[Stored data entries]
<<<<

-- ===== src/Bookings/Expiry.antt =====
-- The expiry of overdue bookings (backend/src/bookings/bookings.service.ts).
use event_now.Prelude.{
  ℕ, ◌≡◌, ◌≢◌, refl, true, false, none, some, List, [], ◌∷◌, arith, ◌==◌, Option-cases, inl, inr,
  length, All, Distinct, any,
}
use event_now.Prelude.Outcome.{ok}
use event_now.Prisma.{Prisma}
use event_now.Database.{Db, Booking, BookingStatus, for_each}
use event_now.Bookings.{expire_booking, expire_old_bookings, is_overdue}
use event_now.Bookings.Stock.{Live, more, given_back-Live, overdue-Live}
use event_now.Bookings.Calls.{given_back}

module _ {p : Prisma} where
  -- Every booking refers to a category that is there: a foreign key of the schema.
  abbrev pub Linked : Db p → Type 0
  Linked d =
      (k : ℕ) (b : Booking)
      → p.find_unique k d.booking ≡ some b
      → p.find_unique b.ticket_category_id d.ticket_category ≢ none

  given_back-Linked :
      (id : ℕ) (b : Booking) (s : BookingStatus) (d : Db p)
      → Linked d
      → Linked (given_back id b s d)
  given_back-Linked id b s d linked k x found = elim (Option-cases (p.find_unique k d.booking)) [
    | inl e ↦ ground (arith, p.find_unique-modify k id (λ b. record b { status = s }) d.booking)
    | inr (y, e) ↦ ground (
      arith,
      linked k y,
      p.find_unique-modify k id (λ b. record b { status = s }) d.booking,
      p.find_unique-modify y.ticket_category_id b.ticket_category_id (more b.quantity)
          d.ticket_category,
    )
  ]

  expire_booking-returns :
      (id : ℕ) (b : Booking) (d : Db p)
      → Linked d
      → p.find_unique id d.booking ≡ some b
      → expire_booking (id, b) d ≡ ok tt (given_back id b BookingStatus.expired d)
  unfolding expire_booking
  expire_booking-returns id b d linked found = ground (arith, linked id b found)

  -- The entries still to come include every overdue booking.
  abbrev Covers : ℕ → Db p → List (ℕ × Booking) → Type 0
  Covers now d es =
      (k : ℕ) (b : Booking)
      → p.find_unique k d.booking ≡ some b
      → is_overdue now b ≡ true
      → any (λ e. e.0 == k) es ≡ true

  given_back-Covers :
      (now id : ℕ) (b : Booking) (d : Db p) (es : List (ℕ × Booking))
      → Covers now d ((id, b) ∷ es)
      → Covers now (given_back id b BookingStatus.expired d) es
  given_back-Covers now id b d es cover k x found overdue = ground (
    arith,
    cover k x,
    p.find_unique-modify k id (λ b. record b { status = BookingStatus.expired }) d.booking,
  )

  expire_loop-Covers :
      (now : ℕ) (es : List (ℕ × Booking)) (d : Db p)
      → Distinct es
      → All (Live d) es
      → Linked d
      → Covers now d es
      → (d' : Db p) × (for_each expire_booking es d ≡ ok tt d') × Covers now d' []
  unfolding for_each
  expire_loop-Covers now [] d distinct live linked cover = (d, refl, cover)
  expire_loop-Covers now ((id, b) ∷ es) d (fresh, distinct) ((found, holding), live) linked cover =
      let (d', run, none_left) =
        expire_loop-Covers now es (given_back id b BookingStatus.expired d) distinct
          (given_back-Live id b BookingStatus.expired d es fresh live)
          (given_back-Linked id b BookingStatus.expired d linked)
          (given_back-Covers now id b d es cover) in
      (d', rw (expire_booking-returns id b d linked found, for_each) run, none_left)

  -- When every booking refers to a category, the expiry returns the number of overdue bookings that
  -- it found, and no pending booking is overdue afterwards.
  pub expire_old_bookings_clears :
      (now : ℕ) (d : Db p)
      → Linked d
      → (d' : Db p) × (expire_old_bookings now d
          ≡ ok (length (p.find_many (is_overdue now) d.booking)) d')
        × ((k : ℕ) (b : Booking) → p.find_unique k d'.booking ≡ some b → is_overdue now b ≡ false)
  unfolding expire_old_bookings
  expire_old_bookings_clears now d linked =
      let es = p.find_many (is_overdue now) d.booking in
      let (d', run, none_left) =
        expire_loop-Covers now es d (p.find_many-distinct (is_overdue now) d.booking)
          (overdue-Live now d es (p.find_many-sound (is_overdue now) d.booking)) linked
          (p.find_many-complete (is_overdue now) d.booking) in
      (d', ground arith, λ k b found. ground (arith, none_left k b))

>>>>

Activity - Show all lines in the entries above where the word "expired" appears.

Task answer -
      → expire_booking (id, b) d ≡ ok tt (given_back id b BookingStatus.expired d)
      → Covers now (given_back id b BookingStatus.expired d) es
    p.find_unique-modify k id (λ b. record b { status = BookingStatus.expired }) d.booking,
        expire_loop-Covers now es (given_back id b BookingStatus.expired d) distinct
          (given_back-Live id b BookingStatus.expired d es fresh live)
          (given_back-Linked id b BookingStatus.expired d linked)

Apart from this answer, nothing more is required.